NBA Interviews – Kevin Durant Wants To Be The Greatest! FacingToughest Challenge Without Westbrook, ‘Durantula’ Wants To Silence All Doubters

Kevin Durant had his most intense year. Long regarded as one of the softspoken 'good guys' in the NBA, he tore that image to shreds last season.

In the 2012-2013 season, Kevin Durant collected no less than 12 technical fouls. That's the same amount of technicals he accumulated in the prior five years of his career combined.

They used to be the darlings of the NBA. They talk about the OKC Thunder model of building a championship contender through draft picks and excellent player management. Indeed, they had the best of three consecutive draft classes (Durant in '07, Westbrook in '08 and Harden in '09) and formed their own Big Three without spitting on an entire city. Oklahoma became the poster boy of hope for the small market teams.

It was a great 'Good' vs 'Evil' plot for the NBA. The Big Three of Miami with their black and red jerseys with a flaming basketball for a logo, and OKC with the easy light blue. The Heat took first blood, but with the youth on the side of the Thunder,  the world awaited when the 'good guys' can finally overcome the Evil Empire.

Then, the Harden trade happened.

Now OKC is the testimony to the sad truth of the NBA - money matters, and market matters. Despite their success, Thunder owners were not willing to swim into luxury tax waters. Thus, they had to trade Harden.

This provided the backdrop for an angry, intense Kevin Durant. A Durant who will engage Dwyane Wade in a Twitter war, among others.

In an interview with The Oklahoman, the lone star of the Thunder (at least in the season opener without Westbrook) shares his thoughts.

Durant also dreams big, he's just not outspoken like Lebron:

"I want to be the greatest. I want to be remembered as one of the greatest. When they redo that top 50 players (of all time), I want to be a part of that. This whole thing is a fraternity. But it's a different fraternity when you're staring at a group of guys that won championships, MVPs, and you can say you're on that level with them in your career. It's only a handful of guys, maybe 15, 20 guys, that you can get in that conversation with. And I'm nowhere near there yet. So that's where I want to be."

However, his focus remains the same: "I've played in the All-Star Games; I've scored 30 points, 40 points before; had a triple-double before. I feel individually, like stats and stuff, I feel like I did my job with that and I established myself. But it's about winning championships, and the first thing I got to get out of my head is 'I.' It's like, 'I want to win a championship.' It's not about that because one guy doesn't win it, two guys don't win it, three guys don't win it. So it's about the whole team, the whole organization winning a championship."

On last year's tumultuous season and his own breakdowns: "The world beats you down for that type of stuff. And I was letting that get into my mind, listening to what other people say. It was really taking control of my life basically, because I was letting it seep into my personal relationships, just everything. And now, I'm playing free and having fun with the game and just letting it all hang out."
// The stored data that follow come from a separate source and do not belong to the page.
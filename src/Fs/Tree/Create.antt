-- ===== src/Fs/Tree/Create.antt =====
-- Creating and deleting files, `fs_create`, `fs_delete` and `fs_create_delete` of
-- src/kernel/fs/fs_create_delete.c. The time is the same in all calls.
use potatoes.Prelude.{
  ℕ, Bool, true, false, not, Option, none, some, List, [], ◌∷◌, ◌==◌, if◌then◌else◌, ◌>>=◌,
}
use potatoes.Prelude.Int.{pos, eq_ℤ}
use potatoes.Klib.Strings.{strcmp}
use potatoes.Fs.Bmap.{not_found, root_inode_block}
use potatoes.Fs.Inodes.{MInode, new_minode_own}
use potatoes.Fs.Dir.{slash, get_path, get_filename}
use potatoes.Fs.Tree.{System, save_inode}
use potatoes.Fs.Tree.Search.{search_file}
use potatoes.Fs.Tree.Edit.{insert_file_into_dir, delete_file_from_dir}
use potatoes.Fs.Tree.Open.{PathMemory}
use potatoes.Fs.Tree.Truncate.{fs_truncate}

-- What `mallocn` gives: to the copies in the two searches, the path, the name, the inode of the
-- directory and the new inode; and in `fs_truncate`.
pub record CreateMemory : Type 0 where
  pub copy : Option (List ℕ)
  pub path : Option (List ℕ)
  pub path_copy : Option (List ℕ)
  pub file_name : Option (List ℕ)
  pub dir_inode : MInode
  pub new_inode : Option MInode
  pub truncated : PathMemory

-- CREATE, with the type of the file, and DELETE.
pub data Mode : Type 0 where
  create : ℕ → Mode
  delete : Mode

-- Whether the first two tests let the call through, `found` the result of `search_file`.
pub may_proceed : Mode → ℕ → Bool
may_proceed (create data_type) found = found == not_found
may_proceed delete found = not (found == not_found)

-- The new inode is written, unless `mallocn` gave NULL.
pub save_new : System → Option MInode → Option (System × Bool)
unfolding save_inode
save_new s none = some (s, false)
save_new s (some inode) = save_inode s inode >>= (λ s'. some (s', true))

-- The name stands in the directory, or it was NOT_POSSIBLE.
pub write_new : Option MInode → ℕ → ℕ → System × ℕ → Option (System × Bool)
unfolding save_new
write_new block data_type time (s, file_block) =
    let written = save_new s (new_minode_own block file_block data_type time) in
    if file_block == not_found then some (s, false) else written

-- The change of the directory, whose inode is in block `dir_blk`.
pub change_dir : ℕ → System → List ℕ → Mode → ℕ → List ℕ → ℕ → CreateMemory → Option (System × Bool)
unfolding write_new
change_dir fuel s abs_path (create data_type) dir_blk file_name time memory =
    insert_file_into_dir fuel s dir_blk file_name memory.dir_inode time
    >>= write_new memory.new_inode data_type time
change_dir fuel s abs_path delete dir_blk file_name time memory = do
  (s1, truncated) ← fs_truncate fuel s abs_path 0 memory.truncated
  (s2, file_block) ← delete_file_from_dir fuel s1 dir_blk file_name memory.dir_inode time
  some (s2, not (file_block == not_found))

-- `get_filename` has returned.
pub change_named :
    ℕ → System → List ℕ → Mode → ℕ → Option (List ℕ) → ℕ → CreateMemory → Option (System × Bool)
unfolding change_dir
change_named fuel s abs_path mode dir_blk none time memory = some (s, false)
change_named fuel s abs_path mode dir_blk (some file_name) time memory =
    change_dir fuel s abs_path mode dir_blk file_name time memory

-- The block of the directory's inode is known, or is NOT_FOUND.
pub change_in : ℕ → List ℕ → Mode → ℕ → CreateMemory → System × ℕ → Option (System × Bool)
unfolding change_named
change_in fuel abs_path mode time memory (s, dir_blk) =
    let change =
      get_filename abs_path memory.file_name
      >>= (λ file_name. change_named fuel s abs_path mode dir_blk file_name time memory) in
    if dir_blk == not_found then some (s, false) else change

-- `get_path` has returned.
pub change_at :
    ℕ → System → List ℕ → Mode → ℕ → CreateMemory → Option (List ℕ) → Option (System × Bool)
unfolding change_in
change_at fuel s abs_path mode time memory none = some (s, false)
change_at fuel s abs_path mode time memory (some path) = strcmp path (slash ∷ 0 ∷ []) >>= (λ d.
    let found = search_file fuel s path memory.path_copy in
    (if eq_ℤ d (pos 0) then some (s, root_inode_block) else found)
    >>= change_in fuel abs_path mode time memory)

pub fs_create_delete : ℕ → System → List ℕ → Mode → ℕ → CreateMemory → Option (System × Bool)
unfolding may_proceed change_at
fs_create_delete fuel s abs_path mode time memory =
    search_file fuel s abs_path memory.copy >>= (λ (s1, found).
      let change = get_path abs_path memory.path >>= change_at fuel s1 abs_path mode time memory in
      if may_proceed mode found then change else some (s1, false))

pub fs_create : ℕ → System → List ℕ → ℕ → ℕ → CreateMemory → Option (System × Bool)
unfolding fs_create_delete
fs_create fuel s abs_path data_type time memory =
    fs_create_delete fuel s abs_path (create data_type) time memory

pub fs_delete : ℕ → System → List ℕ → ℕ → CreateMemory → Option (System × Bool)
unfolding fs_create_delete
fs_delete fuel s abs_path time memory = fs_create_delete fuel s abs_path delete time memory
Final word: "Nobody on the other team, what they got to say about my opinions or anything, I'm not losing sleep over none of that. Because I'm enjoying myself playing this game. I'm blessed to just be in this league. You can bash me. You can bash our team. So what? I mean, at the end of the day, I'm still doing something I love every single day, and I'm fighting for something bigger than myself. And that's a great feeling."